Maldad

a mi hermana

Chino, mi único hermano, es tres años mayor que yo. Dice mi mamá que Chino no es tonto, sino un poco necio y duro de cabeza. Es un buen niño, según la opinión de mamá. Tal vez lo es con ella, o al menos ante sus ojos, pero con otros – conmigo especialmente – siempre ha sido perverso. Recuerdo que, cuando cumplió ocho años, mis papás le regalaron una bicicleta. Paseó con ella unos días y, como era típico, se aburrió pronto. Pero nunca quiso prestármela.

– Viste, Chino, préstame la bici – le rogaba yo.

Mi madre le habría dicho algo, moviéndolo a compasión para convencerlo de prestármela, pero la última palabra la tenía él. Si decía 'no', era no y hasta ahí llegó el asunto. Mis padres no gustaban de contrariarlo. En mi caso, era lo opuesto. Si yo tenía un juguete nuevo, y Chino se antojaba de jugar con él, mi madre me diría como un rayo:

– Nena, préstale el juguetito a Chino. ¡No seas mala!

Mala yo, ¡imagínese! Cuando ponía mi cara de ¡fo!, mamá alzaba las cejas, como diciéndome en un lenguaje secreto: 'Recuerda que tu hermano es especial'. Así, yo cedía y Chino arrancaba a jugar con mi juguete nuevo, sin que yo pudiera siquiera estrenarlo. Invariablemente, me lo devolvería cuando le diera la gana, sucio y roto. Recibía yo los restos de mi regalo, lo que Chino había dejado, las piltrafas.
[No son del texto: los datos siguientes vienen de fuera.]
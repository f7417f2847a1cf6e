-- ===== src/Sds/Printf.antt =====
-- The functions of redis/src/sds.c on strings that end with a zero: `sdsnew`, `sdscat`, `sdscpy` and
-- `sdscatprintf`. What the format makes of its arguments, which `vsnprintf` writes, is a parameter.
use homemade.Prelude.{
  ℕ, zero, suc, ◌-◌, ◌*◌, Option, none, some, List, [], ◌∷◌, ◌++◌, length, if◌then◌else◌, ◌>>=◌,
  ◌==◌, take, set, get_or, replicate,
}
use homemade.Sds.Ops.{Sds, copy_into, sds_newlen, sds_newlen_null, strlen, sds_catlen, sds_cpylen}

-- `sdsnew`, with NULL as `none`; the bytes are those from the pointer on
unfoldable pub sds_new : Option (List ℕ) → Option Sds
unfolding sds_newlen sds_newlen_null strlen
sds_new none = some (sds_newlen_null 0)
sds_new (some init) = sds_newlen init (strlen init)

-- `strlen` and the functions that take a number of bytes, together.
abbrev pub c_string : List ℕ → List ℕ
c_string t = take (strlen t) t

-- `vsnprintf(buf, length buf, ...)` of a text: as much of it as leaves room for the zero
unfoldable pub vsnprintf : List ℕ → List ℕ → Option (List ℕ)
unfolding copy_into
vsnprintf buf formatted = copy_into buf 0 (take (length buf - 1) formatted ++ 0 ∷ [])

module _ (junk : ℕ) where
  -- `sdscat`
  unfoldable pub sds_cat : Sds → List ℕ → Option Sds
  unfolding sds_catlen
  sds_cat s t = sds_catlen junk s (c_string t)

  -- `sdscpy`
  unfoldable pub sds_cpy : Sds → List ℕ → Option Sds
  unfolding sds_cpylen
  sds_cpy s t = sds_cpylen junk s (c_string t)

  -- The bytes of a new `buf`, with the zero that tells whether the text fits.
  unfoldable pub format_buffer : ℕ → List ℕ
  format_buffer buflen = set (replicate buflen junk) (buflen - 2) 0

  -- The loop of `sdscatprintf`: the buffer doubles until its last byte but one stays 0
  unfoldable pub format_loop : ℕ → ℕ → List ℕ → Option (List ℕ)
  unfolding vsnprintf format_buffer
  format_loop zero buflen formatted = none
  format_loop (suc fuel) buflen formatted =
      let longer = format_loop fuel (buflen * 2) formatted in
      vsnprintf (format_buffer buflen) formatted >>= λ buf.
      if get_or buf (buflen - 2) 0 == 0 then some buf else longer

  -- `sdscatprintf`, with a round for each byte of the text as fuel
  unfoldable pub sds_catprintf : Sds → List ℕ → Option Sds
  unfolding format_loop sds_cat
  sds_catprintf s formatted =
      format_loop (suc (length formatted)) 32 formatted >>= λ buf. sds_cat s buf
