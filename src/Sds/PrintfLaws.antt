-- ===== src/Sds/PrintfLaws.antt =====
-- `sdscatprintf` of redis/src/sds.c appends the whole of a formatted text.
use homemade.Prelude.{
  ℕ, zero, suc, ◌+◌, ◌-◌, ◌*◌, ◌≤◌, ◌<◌, ◌≡◌, refl, ap, ◌∙◌, true, false, some, List, [], ◌∷◌, ◌++◌,
  arith, length, ◌>>=◌, leb, take, drop, get_or, replicate, Bool-cases, inl, inr, length-append,
  length-set, length-take, length-replicate, ◌==◌,
}
use homemade.Sds.Ops.{Sds, copy_into, strlen}
use homemade.Sds.Laws.{text, IsSds, sds_catlen-IsSds, get_or-set_here, take_all}
use homemade.Sds.Printf.{c_string, vsnprintf, sds_cat, format_buffer, format_loop, sds_catprintf}

-- Text without a zero.
abbrev pub NoZero : List ℕ → Type 0
NoZero [] = Unit {0}
NoZero (c ∷ s) = ((c == 0) ≡ false) × NoZero s

-- A buffer with a text, its zero and other bytes.
abbrev buffer : List ℕ → List ℕ → List ℕ
buffer t r = (t ++ 0 ∷ []) ++ r

strlen-buffer : (t r : List ℕ) → NoZero t → strlen (buffer t r) ≡ length t
unfolding strlen
strlen-buffer [] r h = refl
strlen-buffer (c ∷ t) r h = rw (h.0) (ap suc (strlen-buffer t r h.1))

take-buffer : (t r : List ℕ) → take (length t) (buffer t r) ≡ t
take-buffer [] r = refl
take-buffer (c ∷ t) r = ap (λ w. c ∷ w) (take-buffer t r)

c_string-buffer : (t r : List ℕ) → NoZero t → c_string (buffer t r) ≡ t
c_string-buffer t r h = rw (strlen-buffer t r h) (take-buffer t r)

get_or-buffer_behind :
    (t ys : List ℕ) (k : ℕ)
    → length t ≤ k
    → get_or ys k 0 ≡ 0
    → get_or (buffer t (drop (suc (length t)) ys)) k 0 ≡ 0
get_or-buffer_behind [] ys zero h e = refl
get_or-buffer_behind [] [] (suc k) h e = refl
get_or-buffer_behind [] (y ∷ ys) (suc k) h e = e
get_or-buffer_behind (c ∷ t) ys zero h e = absurd (omega arith)
get_or-buffer_behind (c ∷ t) [] (suc k) h e = get_or-buffer_behind t [] k (omega arith) refl
get_or-buffer_behind (c ∷ t) (y ∷ ys) (suc k) h e = get_or-buffer_behind t ys k (omega arith) e

get_or-NoZero :
    (t r : List ℕ) (n i : ℕ)
    → NoZero t
    → i < n
    → i < length t
    → (get_or (buffer (take n t) r) i 0 == 0) ≡ false
get_or-NoZero [] r n i h below inside = absurd (omega arith)
get_or-NoZero (c ∷ t) r zero i h below inside = absurd (omega arith)
get_or-NoZero (c ∷ t) r (suc n) zero h below inside = h.0
get_or-NoZero (c ∷ t) r (suc n) (suc i) h below inside =
    get_or-NoZero t r n i h.1 (omega arith) (omega arith)

module _ (junk : ℕ) where
  length-format_buffer : (n : ℕ) → length (format_buffer junk n) ≡ n
  unfolding format_buffer
  length-format_buffer n = length-set (replicate n junk) (n - 2) 0 ∙ length-replicate n junk

  format_buffer_zero : (n : ℕ) → 2 ≤ n → get_or (format_buffer junk n) (n - 2) 0 ≡ 0
  unfolding format_buffer
  format_buffer_zero n h =
      get_or-set_here (replicate n junk) (n - 2) 0 0 (omega (arith, length-replicate n junk))

  -- What `vsnprintf` leaves in the buffer.
  abbrev printed : ℕ → List ℕ → List ℕ
  printed n t =
      let front = take (n - 1) t in buffer front (drop (suc (length front)) (format_buffer junk n))

  vsnprintf_buffer :
      (n : ℕ) (t : List ℕ) → 2 ≤ n → vsnprintf (format_buffer junk n) t ≡ some (printed n t)
  unfolding vsnprintf copy_into
  vsnprintf_buffer n t h =
      let size = length-format_buffer n in
      let front = take (n - 1) t in
      let last : 0 + length (front ++ 0 ∷ []) ≡ suc (length front) =
        omega (arith, length-append front (0 ∷ [])) in
      let fits : leb (suc (length front)) n ≡ true = ground (arith, length-take (n - 1) t) in
      rw (vsnprintf, copy_into, size, last, fits) refl

  -- A buffer of `n` bytes has its last byte but one 0 exactly where the text fits in front of it.
  printed-Fits :
      (n : ℕ) (t : List ℕ)
      → NoZero t
      → 2 ≤ n
      → length t + 2 ≤ n
      → ((get_or (printed n t) (n - 2) 0 == 0) ≡ true) × (c_string (printed n t) ≡ t)
  printed-Fits n t h two fits = rw (take_all (n - 1) t (omega arith)) (
    rw
        (get_or-buffer_behind t (format_buffer junk n) (n - 2) (omega arith)
          (format_buffer_zero n two))
        refl,
    c_string-buffer t _ h,
  )

  printed-IsCut :
      (n : ℕ) (t : List ℕ)
      → NoZero t
      → 2 ≤ n
      → n < length t + 2
      → (get_or (printed n t) (n - 2) 0 == 0) ≡ false
  printed-IsCut n t h two cut = get_or-NoZero t _ (n - 1) (n - 2) h (omega arith) (omega arith)

  abbrev Formats : ℕ → ℕ → List ℕ → Type 0
  Formats fuel n t = (b : List ℕ) × (format_loop junk fuel n t ≡ some b) × (c_string b ≡ t)

  -- The text fits the buffer.
  format_loop-stops :
      (fuel n : ℕ) (t : List ℕ) → NoZero t → 2 ≤ n → length t + 2 ≤ n → Formats (suc fuel) n t
  unfolding format_loop
  format_loop-stops fuel n t h two fits =
      let (stops, text') = printed-Fits n t h two fits in
      (printed n t, rw (vsnprintf_buffer n t two, ◌>>=◌, stops) refl, text')

  format_loop-Fits :
      (fuel n : ℕ) (t : List ℕ)
      → NoZero t
      → 2 ≤ n
      → length t + 2 ≤ n + fuel
      → Formats (suc fuel) n t
  unfolding format_loop
  format_loop-Fits zero n t h two enough = format_loop-stops zero n t h two (omega arith)
  format_loop-Fits (suc fuel) n t h two enough = elim (Bool-cases (leb (length t + 2) n)) [
    | inl fits ↦ format_loop-stops (suc fuel) n t h two (ground arith)
    | inr cut ↦
        let longer : n < length t + 2 = ground arith in
        let (b, run, text') = format_loop-Fits fuel (n * 2) t h (omega arith) (omega arith) in
        (b, rw (vsnprintf_buffer n t two, ◌>>=◌, printed-IsCut n t h two longer) run, text')
  ]

  -- On a well-formed string, and for a format whose text has no zero, the loop of `sdscatprintf` ends, and it
  -- appends the whole text, however long; the string stays well-formed.
  pub sds_catprintf-IsSds :
      (s : Sds) (formatted : List ℕ)
      → IsSds s
      → NoZero formatted
      → (r : Sds) × (sds_catprintf junk s formatted ≡ some r)
        × IsSds r
        × (text r ≡ text s ++ formatted)
  unfolding sds_catprintf sds_cat
  sds_catprintf-IsSds s formatted v h =
      let (b, looped, same) =
        format_loop-Fits (length formatted) 32 formatted h (omega arith) (omega arith) in
      let (r, run, v', text') = sds_catlen-IsSds junk s formatted v in
      (r, rw (looped, ◌>>=◌, same) run, v', text')
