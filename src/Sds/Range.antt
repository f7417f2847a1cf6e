-- ===== src/Sds/Range.antt =====
-- What `sdsrange` of redis/src/sds.c does to the text of a string.
use homemade.Prelude.{
  ℕ, suc, ◌+◌, ◌-◌, ◌<◌, ◌≡◌, refl, sym, ap, ◌∙◌, false, some, List, [], arith, if◌then◌else◌, ltb,
  leb, ◌==◌, take, drop, min, take_nil, drop_nil, Bool-cases, inl, inr,
}
use homemade.Prelude.Int.{ℤ, pos, negsuc, IsIndex}
use homemade.Sds.Ops.{Sds, range_from, to_offset, sds_range}
use homemade.Sds.Laws.{text, IsSds}
use homemade.Sds.Trim.{cut-IsSds}

-- The bytes from index `a` to index `b`, both of which stop at the last byte.
abbrev pub between : ℕ → ℕ → ℕ → List ℕ → List ℕ
between len a b t =
    if ltb b a
    then []
    else take (suc (min b (len - 1)) - min a (len - 1)) (drop (min a (len - 1)) t)

between_nil : (len a b : ℕ) → between len a b [] ≡ []
between_nil len a b = elim (Bool-cases (ltb b a)) [
  | inl empty ↦ rw empty refl
  | inr full ↦
      let n = suc (min b (len - 1)) - min a (len - 1) in
      rw full (ap (take n) (drop_nil (min a (len - 1))) ∙ take_nil n)
]

clip_lem : (len i : ℕ) → 0 < len → (if leb len i then len - 1 else i) ≡ min i (len - 1)
clip_lem len i h = ground arith

positive : (n : ℕ) → ((n + 1) == 0) ≡ false
positive n = ground arith

width_lem : (a b : ℕ) → (if ltb b a then 0 else (b - a) + 1) ≡ suc b - a
width_lem a b = ground arith

range_from-IsSds :
    (s : Sds) (a b : ℕ)
    → IsSds s
    → 0 < s.len
    → (r : Sds) × (range_from s a b ≡ some r) × IsSds r × (text r ≡ between s.len a b (text s))
unfolding range_from
range_from-IsSds s a b v some_byte = elim (Bool-cases (ltb b a)) [
  | inl empty ↦ rw empty (cut-IsSds s 0 0 v (omega arith))
  | inr full ↦
      let a' = min a (s.len - 1) in
      let b' = min b (s.len - 1) in
      rw
        (
          full,
          positive (b - a),
          clip_lem s.len a some_byte,
          clip_lem s.len b some_byte,
          width_lem a' b',
        )
        (cut-IsSds s a' (suc b' - a') v (omega arith))
]

to_offset-IsIndex : (len : ℕ) (z : ℤ) (k : ℕ) → IsIndex len z k → to_offset z len ≡ k
unfolding to_offset
to_offset-IsIndex len (pos i) k h = sym h
to_offset-IsIndex len (negsuc i) k h = omega (arith, h)

sds_range_offsets :
    (s : Sds) (start end : ℤ)
    → IsSds s
    → (r : Sds) × (sds_range s start end ≡ some r)
      × IsSds r
      × (text r ≡ between s.len (to_offset start s.len) (to_offset end s.len) (text s))
unfolding sds_range
sds_range_offsets s start end v = elim (Bool-cases (s.len == 0)) [
  | inl empty ↦
      let zero_len : s.len ≡ 0 = ground arith in
      let nil : text s ≡ [] = ap (λ n. take n s.buf) zero_len in
      let a = to_offset start s.len in
      let b = to_offset end s.len in
      (s, rw empty refl, v, nil ∙ sym (ap (between s.len a b) nil ∙ between_nil s.len a b))
  | inr full ↦
      rw full (range_from-IsSds s (to_offset start s.len) (to_offset end s.len) v (ground arith))
]

-- On a well-formed string `sdsrange` stays within its bytes and leaves a well-formed string, whose text is
-- the part of the old one from `start` to `end`, both included: a negative index counts from the end, -1
-- being the last byte, and stops at the first byte, an index behind the text is that of its last byte, and
-- where the end is before the start nothing is left.
pub sds_range-IsSds :
    (s : Sds) (start end : ℤ) (a b : ℕ)
    → IsSds s
    → IsIndex s.len start a
    → IsIndex s.len end b
    → (r : Sds) × (sds_range s start end ≡ some r) × IsSds r × (text r ≡ between s.len a b (text s))
sds_range-IsSds s start end a b v from upto =
    rw (← to_offset-IsIndex s.len start a from, ← to_offset-IsIndex s.len end b upto)
      (sds_range_offsets s start end v)
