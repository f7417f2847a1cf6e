-- ===== src/Sds/SplitLaws.antt =====
-- What `sdssplitlen` of redis/src/sds.c returns.
use homemade.Prelude.{
  ℕ, zero, suc, ◌+◌, ◌-◌, ◌≤◌, ◌<◌, ◌≡◌, refl, sym, ap, ◌∙◌, true, false, List, [], ◌∷◌, ◌++◌,
  arith, length, if◌then◌else◌, leb, ◌==◌, ==_iff, take, drop, Bool-cases, inl, inr, append_assoc,
  append-nil, take-append-drop, length-drop, drop_nil, drop-drop, List-cases,
}
use homemade.Sds.Split.{starts_with, slice, split_loop, sds_splitlen}

-- The tokens with the separator between two.
abbrev pub join : List ℕ → List (List ℕ) → List ℕ
join sep [] = []
join sep (t ∷ []) = t
join sep (t ∷ u ∷ ts) = t ++ sep ++ join sep (u ∷ ts)

-- The pieces of a string between the occurrences of a byte, by recursion on the string.
abbrev pub prepend : List ℕ → List (List ℕ) → List (List ℕ)
prepend p [] = p ∷ []
prepend p (t ∷ ts) = (p ++ t) ∷ ts

abbrev pub pieces : ℕ → List ℕ → List (List ℕ)
pieces c [] = [] ∷ []
pieces c (x ∷ s) = let rest = pieces c s in if x == c then [] ∷ rest else prepend (x ∷ []) rest

starts_with-append : (sep s : List ℕ) → starts_with sep s ≡ true → s ≡ sep ++ drop (length sep) s
unfolding starts_with
starts_with-append [] s h = refl
starts_with-append (c ∷ sep) [] h = cc
starts_with-append (c ∷ sep) (x ∷ s) h =
    let e : x ≡ c = (==_iff x c).0 (ground (arith, h)) in
    rw e (ap (λ t. c ∷ t) (starts_with-append sep s (ground (arith, h))))

slice-drop : (s : List ℕ) (start i : ℕ) → start ≤ i → slice s start i ++ drop i s ≡ drop start s
slice-drop s start i h =
    let e : start + (i - start) ≡ i = omega arith in
    ap (λ d. slice s start i ++ d) (sym (rw e at (drop-drop (i - start) start s)))
    ∙ take-append-drop (i - start) (drop start s)

split_loop-join :
    (fuel : ℕ) (s sep : List ℕ) (i start : ℕ)
    → start ≤ i
    → (t : List ℕ) × (ts : List (List ℕ)) × (split_loop fuel s sep i start ≡ t ∷ ts)
      × (join sep (t ∷ ts) ≡ drop start s)
unfolding split_loop
split_loop-join zero s sep i start h = (drop start s, [], refl, refl)
split_loop-join (suc fuel) s sep i start h =
    let (u, us, cut, whole) =
      split_loop-join fuel s sep (i + length sep) (i + length sep) (omega arith) in
    elim (Bool-cases (leb (i + length sep) (length s))) [
      | inr end ↦ (drop start s, [], rw end refl, refl)
      | inl more ↦ elim (Bool-cases (starts_with sep (drop i s))) [
        | inr other ↦
            let (t, ts, run, joined) = split_loop-join fuel s sep (i + 1) start (omega arith) in
            (t, ts, rw (more, other) run, joined)
        | inl here ↦ (
          slice s start i,
          u ∷ us,
          rw (more, here, cut) refl,
          ap (λ j. slice s start i ++ sep ++ j) (whole ∙ sym (drop-drop (length sep) i s))
              ∙ append_assoc (slice s start i) sep (drop (length sep) (drop i s))
              ∙ ap (λ d. slice s start i ++ d) (sym (starts_with-append sep (drop i s) here))
              ∙ slice-drop s start i h,
        )
      ]
    ]

-- `sdssplitlen` with any separator loses nothing: the tokens, with the separator between two, are the
-- string.
pub sds_splitlen-join : (s sep : List ℕ) → join sep (sds_splitlen s sep) ≡ s
unfolding sds_splitlen
sds_splitlen-join s sep =
    let (t, ts, run, joined) = split_loop-join (length s + 1) s sep 0 0 (omega arith) in
    rw run joined

prepend-append :
    (p q : List ℕ) (ts : List (List ℕ)) → prepend p (prepend q ts) ≡ prepend (p ++ q) ts
prepend-append p q [] = refl
prepend-append p q (t ∷ ts) = ap (λ u. u ∷ ts) (sym (append_assoc p q t))

prepend_nil-pieces : (c : ℕ) (s : List ℕ) → prepend [] (pieces c s) ≡ pieces c s
prepend_nil-pieces c [] = refl
prepend_nil-pieces c (x ∷ s) = elim (Bool-cases (x == c)) [
  | inl hit ↦ rw hit refl
  | inr miss ↦ rw miss (prepend-append [] (x ∷ []) (pieces c s))
]

drop-suc : (i : ℕ) (s : List ℕ) (x : ℕ) (r : List ℕ) → drop i s ≡ x ∷ r → drop (i + 1) s ≡ r
drop-suc i s x r h = sym (drop-drop 1 i s) ∙ ap (drop 1) h

take-suc :
    (n : ℕ) (ys : List ℕ) (x : ℕ) (r : List ℕ)
    → drop n ys ≡ x ∷ r
    → take (suc n) ys ≡ take n ys ++ x ∷ []
take-suc n [] x r e = let bad : [] ≡ x ∷ r = sym (drop_nil n) ∙ e in cc
take-suc zero (y ∷ ys) x r e = ap (take 1) e
take-suc (suc n) (y ∷ ys) x r e = ap (λ zs. y ∷ zs) (take-suc n ys x r e)

slice-suc :
    (s : List ℕ) (start i x : ℕ) (r : List ℕ)
    → start ≤ i
    → drop i s ≡ x ∷ r
    → slice s start (i + 1) ≡ slice s start i ++ x ∷ []
slice-suc s start i x r h e =
    let n : i + 1 - start ≡ suc (i - start) = omega arith in
    let j : start + (i - start) ≡ i = omega arith in
    ap (λ k. take k (drop start s)) n
    ∙ take-suc (i - start) (drop start s) x r
        (drop-drop (i - start) start s ∙ ap (λ k. drop k s) j ∙ e)

split_loop-pieces :
    (fuel c : ℕ) (s : List ℕ) (i start : ℕ)
    → start ≤ i
    → length s < i + fuel
    → i ≤ length s
    → split_loop fuel s (c ∷ []) i start ≡ prepend (slice s start i) (pieces c (drop i s))
unfolding split_loop starts_with
split_loop-pieces zero c s i start h f le = absurd (omega arith)
split_loop-pieces (suc fuel) c s i start h f le = elim (List-cases (drop i s)) [
  | inl e ↦
      let end : leb (i + 1) (length s) ≡ false = ground (arith, ap length e, length-drop i s) in
      rw (end, e)
        (ap (λ t. t ∷ []) (sym (slice-drop s start i h) ∙ ap (λ d. slice s start i ++ d) e))
  | inr (x, r, e) ↦
      let more : leb (i + 1) (length s) ≡ true = ground (arith, ap length e, length-drop i s) in
      let next : i + 1 ≤ length s = ground (arith, more) in
      let behind = drop-suc i s x r e in
      elim (Bool-cases (x == c)) [
        | inl hit ↦
            let n : i + 1 - (i + 1) ≡ 0 = omega arith in
            let rest : split_loop fuel s (c ∷ []) (i + 1) (i + 1) ≡ pieces c r =
              split_loop-pieces fuel c s (i + 1) (i + 1) (omega arith) (omega arith) next
              ∙ rw (n, behind) (prepend_nil-pieces c r) in
            rw (more, e, hit, rest, append-nil (slice s start i)) refl
        | inr miss ↦
            rw (more, e, miss, prepend-append (slice s start i) (x ∷ []) (pieces c r))
              (split_loop-pieces fuel c s (i + 1) start (omega arith) (omega arith) next
                ∙ rw (behind, slice-suc s start i x r h e) refl)
      ]
]

-- `sdssplitlen` with a separator of one byte returns the pieces of the string between the occurrences of
-- that byte, as recursion on the string gives them.
pub sds_splitlen-pieces : (s : List ℕ) (c : ℕ) → sds_splitlen s (c ∷ []) ≡ pieces c s
unfolding sds_splitlen
sds_splitlen-pieces s c =
    split_loop-pieces (length s + 1) c s 0 0 (omega arith) (omega arith) (omega arith)
    ∙ prepend_nil-pieces c s
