-- ===== src/Sds/Tests.antt =====
-- Runs of redis/src/sds.c and its theorems at concrete strings.
use homemade.Prelude.{ℕ, ◌≡◌, refl, Option, none, some, List, [], ◌∷◌}
use homemade.Prelude.Int.{pos, negsuc}
use homemade.Sds.Ops.{
  Sds, sds_range, sds_trim, terminate, range_from, to_offset, in_set, count_front, count_back,
  sds_newlen, strlen,
}
use homemade.Sds.Split.{sds_splitlen}
use homemade.Sds.SplitLaws.{sds_splitlen-pieces}
use homemade.Sds.Laws.{text, IsSds}
use homemade.Sds.Range.{sds_range-IsSds}
use homemade.Sds.PrintfLaws.{sds_catprintf-IsSds, NoZero}
use homemade.Sds.Printf.{sds_new, sds_catprintf}
use homemade.Prelude.{replicate, zero, suc}

-- "abc" with two bytes to spare
abbrev abc : Sds
abc = record { len = 3; free = 2; buf = 97 ∷ 98 ∷ 99 ∷ 0 ∷ 7 ∷ 7 ∷ [] }

abc-IsSds : IsSds abc
abc-IsSds = record { allocated = refl; terminated = refl }

abbrev text_of : Option Sds → List ℕ
text_of none = []
text_of (some s) = text s

range_run : text_of (sds_range abc (pos 1) (negsuc 0)) ≡ 98 ∷ 99 ∷ []
unfolding sds_range range_from to_offset terminate
range_run = refl

trim_run : text_of (sds_trim (97 ∷ 99 ∷ []) abc) ≡ 98 ∷ []
unfolding sds_trim count_back count_front in_set terminate
trim_run = refl

-- A text that fits the buffer of 32 bytes only at the second round.
abbrev dots : List ℕ
dots = replicate 31 46

NoZero-replicate : (n : ℕ) → NoZero (replicate n 46)
NoZero-replicate zero = tt
NoZero-replicate (suc n) = (refl, NoZero-replicate n)

NoZero-dots : NoZero dots
NoZero-dots = NoZero-replicate 31

sds_catprintf-IsSds_example :
    (r : Sds) × (sds_catprintf 7 abc dots ≡ some r) × IsSds r × (text r ≡ 97 ∷ 98 ∷ 99 ∷ dots)
sds_catprintf-IsSds_example = sds_catprintf-IsSds 7 abc dots abc-IsSds NoZero-dots

sds_splitlen-pieces_example :
    sds_splitlen (97 ∷ 32 ∷ 32 ∷ 98 ∷ []) (32 ∷ []) ≡ (97 ∷ []) ∷ [] ∷ (98 ∷ []) ∷ []
sds_splitlen-pieces_example = sds_splitlen-pieces (97 ∷ 32 ∷ 32 ∷ 98 ∷ []) 32

-- `sdsnew` copies up to the first zero.
new_run : text_of (sds_new (some (97 ∷ 98 ∷ 0 ∷ 99 ∷ []))) ≡ 97 ∷ 98 ∷ []
unfolding sds_new sds_newlen strlen
new_run = refl

-- A range behind the text keeps its last byte.
sds_range-IsSds_example :
    (r : Sds) × (sds_range abc (pos 5) (pos 7) ≡ some r) × IsSds r × (text r ≡ 99 ∷ [])
sds_range-IsSds_example = sds_range-IsSds abc (pos 5) (pos 7) 5 7 abc-IsSds refl refl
En cariño me llegaban las piltrafas también, o al menos eso sentía yo. Mi madre sólo tenía ojos para Chino: que cuidado se va para la calle, que ojo al Cristo que se quema con la estufa, que si Chino hizo esto, que si dijo lo otro... Y a mí, que me comiera el perro. Mi padre igual: cuando llegaba del trabajo, cansado, me daría un beso en la cabeza y me haría alguna pregunta sobre la escuela. Sin escuchar la respuesta, se iría a preguntarle a mi mamá cómo le había ido a Chino en clase. Eso se lo podía responder yo. ¿Cómo le va a ir, hombre? ¡Pues mal!

Estábamos juntos en primer grado, yo adelantada un año y Chino atrasado dos, porque él, como he dicho, era 'un poco necio y duro de cabeza'. Estábamos en el mismo salón y teníamos la misma maestra. Ella, al igual que yo, verificó rápidamente cuán 'necio y duro de cabeza' era Chino. Más que duro, era hermético: no le entraba nada. Estaba enemistado a muerte con las letras y los números.

Recuerdo que una vez la maestra hizo una clase especial sobre los planetas. A cada alumno le regaló un confite por cada nombre que memorizaba. A mí me tuvo que dar nueve, pues me los aprendí todos: desde Mercurio hasta Plutón. A Chino sólo le dio un pedacito de melcocha, y eso al final de la clase, porque tras una mañana de esfuerzo lo más que logró fue que dijera 'jépete' en vez de 'Júpiter'.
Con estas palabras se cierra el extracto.